Given height & width vectors representing input proportions, this function identifies the nearest harmonious ratio.
Usage
round_ratios(
h,
w = 1,
target = c("nearest", "taller", "wider"),
tolerance = 0.01
)Arguments
- h, w
pairwise height & width vectors representing input proportions
- target
whether to identify nearest harmonious ratio (default) or to limit to solutions where the input proportion may only be taller/wider than the harmonious ratio, see Details & Examples
- tolerance
only consider harmonious ratios within ±tolerance of input ratios, in degrees
Value
Returns a named vector of rounded proportions. Proportions that are
not within ±tolerance of a harmonious ratio with be NA.
Details
Input proportions are compared to harmonious ratios after converting to
angles with degrees(). Rounding only considers harmonious ratios that are
within ±tolerance (in degrees) of the input proportion.

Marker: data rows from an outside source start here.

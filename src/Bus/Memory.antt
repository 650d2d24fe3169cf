-- ===== src/Bus/Memory.antt =====
-- A bus on which all goes well, with a plain register file behind it: the interface can be filled.
use mathlib.Core.Option.{some-injective, none-ne-some}
use mokya_lora.Prelude.{
  ℕ, zero, suc, ◌+◌, ◌-◌, ◌<◌, ◌≤◌, ◌≡◌, ◌⊎◌, refl, sym, ap, ◌∙◌, true, false, ◌&&◌, some, List, [],
  ◌∷◌, length, get_or, get_elem?, bit_and, arith, ltb, leb, if◌then◌else◌,
}
use mokya_lora.Bus.{RegBus}

abbrev pub read_from : (ℕ → ℕ) → ℕ → ℕ → List ℕ
read_from w r zero = []
read_from w r (suc n) = w r ∷ read_from w (r + 1) n

abbrev pub store : (ℕ → ℕ) → (ℕ → ℕ) → ℕ → List ℕ → ℕ → ℕ
store mask w r l q =
    if leb r q && ltb q (r + length l) then bit_and (get_or l (q - r) 0) (mask q) else w q

get_elem?-some :
    (l : List ℕ) (i v : ℕ) → get_elem? l i ≡ some v → (i < length l) × (get_or l i 0 ≡ v)
get_elem?-some [] i v e = absurd (none-ne-some v e)
get_elem?-some (x ∷ l) zero v e = (omega arith, some-injective x v e)
get_elem?-some (x ∷ l) (suc i) v e = let (h, k) = get_elem?-some l i v e in (omega arith, k)

pub store-sets :
    (mask w : ℕ → ℕ) (r q i v : ℕ) (l : List ℕ)
    → q ≡ r + i
    → get_elem? l i ≡ some v
    → store mask w r l q ≡ bit_and v (mask q)
store-sets mask w r q i v l e g =
    let (h, k) = get_elem?-some l i v g in
    let at : q - r ≡ i = omega arith in
    let inside : (leb r q && ltb q (r + length l)) ≡ true = ground arith in
    ap (λ b. if b then bit_and (get_or l (q - r) 0) (mask q) else w q) inside
    ∙ ap (λ j. bit_and (get_or l j 0) (mask q)) at
    ∙ ap (λ x. bit_and x (mask q)) k

pub store-keeps :
    (mask w : ℕ → ℕ) (r q : ℕ) (l : List ℕ)
    → (q < r) ⊎ (r + length l ≤ q)
    → store mask w r l q ≡ w q
store-keeps mask w r q l h =
    let outside : (leb r q && ltb q (r + length l)) ≡ false = ground arith in
    ap (λ b. if b then bit_and (get_or l (q - r) 0) (mask q) else w q) outside

-- the bus for the bits that each register shows
abbrev pub memory_bus : (ℕ → ℕ) → RegBus
memory_bus mask = record {
  World = ℕ → ℕ;
  register = λ w. w;
  steady = λ _. true;
  holds_bits = mask;
  acquire = λ _. true;
  reading = λ w r n. (some (read_from w r n), w);
  writing = λ w r l. (true, store mask w r l);
  read-register = λ w r b h e. sym (ap (λ l. get_or l 0 0) (some-injective (w r ∷ []) b e));
  read-keeps = λ w r n q h. refl;
  write-sets = λ w r q i v l e h d g. store-sets mask w r q i v l e g;
  write-keeps = λ w r q l h k. store-keeps mask w r q l k;
}
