-- ===== src/Flash.antt =====
-- The lock under which one core writes the flash that the other runs from. The writer is
-- firmware/core1/src/ime/flash_safety_wrap.c, the parker `ipc_doorbell_isr` and `flash_park_handler` of
-- firmware/core1/m1_bridge/src/main_core1_bridge.c. Each direction of the protocol has its own lock
-- word; the other core's half of it is not in the repository and stands here as the mirror image
-- that firmware/shared/ipc/ipc_shared_layout.h describes. Each access to the shared words is a step,
-- and so is the end of the writer's wait. The writer is called with interrupts enabled, so that
-- `restore_interrupts` enables them.
pub mod Exclusion
pub mod Calls
pub mod Both
mod Tests
use mokya_lora.Prelude.{ℕ, zero, suc, Bool, true, false, List, [], ◌∷◌, ◌++◌, ◌==◌, if◌then◌else◌}

-- `IPC_FLASH_LOCK_IDLE`, `IPC_FLASH_LOCK_REQUEST` and `IPC_FLASH_LOCK_PARKED`
abbrev pub lock_idle : ℕ
lock_idle = 0

abbrev pub lock_request : ℕ
lock_request = 1

abbrev pub lock_parked : ℕ
lock_parked = 2

-- `MOKYA_PARK_WAIT_SPINS`
abbrev pub park_wait_spins : ℕ
park_wait_spins = 750000

-- the arguments of a wrapped call
pub data Op : Type 0 where
  erase : (offset count : ℕ) → Op
  program : (offset : ℕ) → List ℕ → Op

-- The writer's next access; the Boolean says whether it saw the parker parked.
pub data Writer : Type 0 where
  resting : Writer
  loading_ready : Op → Writer
  storing_request : Op → Writer
  ringing : Op → Writer
  polling : Op → ℕ → Writer
  masking : Op → Bool → Writer
  flashing : Op → Bool → Writer
  enabling_cache : Bool → Writer
  unmasking : Bool → Writer
  storing_idle : Bool → Writer

-- the parker's next access; `running` is any code, in flash too
pub data Parker : Type 0 where
  running : Parker
  checking : Parker
  storing_parked : Parker
  stopping : Parker
  spinning : Parker
  leaving : Parker

-- the shared words and registers of the two cores
pub record System : Type 0 where
  pub ready : Bool
  pub lock : ℕ
  pub bell : Bool
  pub writer : Writer
  pub writer_masked : Bool
  pub parker : Parker
  pub parker_masked : Bool
  pub cache : Bool
  pub flashed : List Op

abbrev pub wait_for : Op → ℕ → ℕ → Writer
wait_for op lock n = if lock == lock_parked then masking op true else polling op n

-- `__wrap_flash_range_erase` and `__wrap_flash_range_program`, with `mokya_flash_park_core0` and
-- `mokya_flash_unpark_core0`; the ROM's flash routines leave the cache disabled
unfoldable pub write_at : Writer → System → System
write_at resting s = s
write_at (loading_ready op) s = record s {
  writer = if s.ready then storing_request op else masking op false;
}
write_at (storing_request op) s = record s { lock = lock_request; writer = ringing op }
write_at (ringing op) s = record s { bell = true; writer = polling op park_wait_spins }
write_at (polling op zero) s = record s { writer = masking op false }
write_at (polling op (suc n)) s = record s { writer = wait_for op s.lock n }
write_at (masking op acked) s = record s { writer_masked = true; writer = flashing op acked }
write_at (flashing op acked) s = record s {
  flashed = s.flashed ++ op ∷ [];
  cache = false;
  writer = enabling_cache acked;
}
write_at (enabling_cache acked) s = record s { cache = true; writer = unmasking acked }
write_at (unmasking acked) s = record s { writer_masked = false; writer = storing_idle acked }
write_at (storing_idle acked) s = record s { lock = lock_idle; writer = resting }

-- the flash half of `ipc_doorbell_isr`, and `flash_park_handler`
unfoldable pub park_at : Parker → System → System
park_at running s = if s.bell then record s { bell = false; parker = checking } else s
park_at checking s = record s {
  parker = if s.lock == lock_request then storing_parked else running;
}
park_at storing_parked s = record s { lock = lock_parked; parker = stopping }
park_at stopping s = record s { parker_masked = true; parker = spinning }
park_at spinning s = record s { parker = if s.lock == lock_idle then leaving else spinning }
park_at leaving s = record s { parker_masked = false; parker = running }

-- whose turn it is: a call begins only when the one before it is done
pub data Turn : Type 0 where
  writes parks boots : Turn
  calls : Op → Turn

abbrev pub begin : Writer → Op → Writer
begin resting op = loading_ready op
begin w op = w

unfoldable pub turn : Turn → System → System
turn writes s = write_at s.writer s
turn parks s = park_at s.parker s
turn boots s = record s { ready = true }
turn (calls op) s = record s { writer = begin s.writer op }

unfoldable pub run : List Turn → System → System
run [] s = s
run (t ∷ ts) s = run ts (turn t s)

-- before either core takes part
abbrev pub initial : System
initial = record {
  ready = false;
  lock = lock_idle;
  bell = false;
  writer = resting;
  writer_masked = false;
  parker = running;
  parker_masked = false;
  cache = true;
  flashed = [];
}
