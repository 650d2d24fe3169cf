-- ===== src/Flash/Both.antt =====
-- Both directions of the flash lock at once. On each core a writer
-- (firmware/core1/src/ime/flash_safety_wrap.c) is interrupted by that core's own parker (`ipc_doorbell_isr` and
-- `flash_park_handler` of firmware/core1/m1_bridge/src/main_core1_bridge.c), and does not go on before it is done.
pub mod Ends
use mokya_lora.Prelude.{Bool, true, false, ◌&&◌, List, [], ◌∷◌, if◌then◌else◌}
use mokya_lora.Flash.{
  Op, Parker, running, checking, storing_parked, stopping, spinning, leaving, System, write_at,
  park_at, begin, initial,
}

-- the direction in which a core writes, and the one in which it parks
pub record Pair : Type 0 where
  pub writing : System
  pub parking : System

abbrev pub swap : Pair → Pair
swap p = record { writing = p.parking; parking = p.writing }

-- What a core does next: an access of its writer, one of its interrupt handler, the start of a
-- call, or setting its ready flag.
pub data Act : Type 0 where
  goes_on handles sets_ready : Act
  asks : Op → Act

abbrev pub is_running : Parker → Bool
is_running running = true
is_running checking = false
is_running storing_parked = false
is_running stopping = false
is_running spinning = false
is_running leaving = false

-- The doorbell interrupts the core while its writer has not masked interrupts, and the writer stands
-- still until the handler returns.
unfoldable pub act : Act → Pair → Pair
act goes_on p =
    if is_running p.parking.parker
    then record p { writing = write_at p.writing.writer p.writing }
    else p
act handles p =
    if is_running p.parking.parker && p.writing.writer_masked
    then p
    else record p { parking = park_at p.parking.parker p.parking }
act sets_ready p = record p { parking = record (p.parking) { ready = true } }
act (asks op) p =
    if is_running p.parking.parker
    then record p { writing = record (p.writing) { writer = begin p.writing.writer op } }
    else p

pub data Core : Type 0 where
  core0 core1 : Core

-- the pair is core 1's
unfoldable pub core_acts : Core → Act → Pair → Pair
core_acts core1 a p = act a p
core_acts core0 a p = swap (act a (swap p))

unfoldable pub run_both : List (Core × Act) → Pair → Pair
run_both [] p = p
run_both ((c, a) ∷ l) p = run_both l (core_acts c a p)

abbrev pub both_initial : Pair
both_initial = record { writing = initial; parking = initial }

By default, the nearest harmonious ratio is returned, but the target
argument can be used to favor actual proportions that run tall or wide. When
making page layout decisions, it can be useful to prefer proportions along
the spine that are a little wider than the ideal ratio. Once bound, optical
foreshortening along the spine tends to bring the perceived ratio back into
harmony.
Examples
round_ratios(3, 2)
#> fifth
#> 1.5
round_ratios(2.9999, 2)
#> fifth
#> 1.5
round_ratios(3.0001, 2)
#> fifth
#> 1.5
round_ratios(c(2.9999, 3.0001), 2, tolerance = 1e-6)
#> <NA> <NA>
#> NA NA
round_ratios(c(2.9999, 3.0001), 2, target = "taller")
#> <NA> fifth
#> NA 1.5
round_ratios(c(2.9999, 3.0001), 2, target = "wider")
#> fifth <NA>
#> 1.5 NA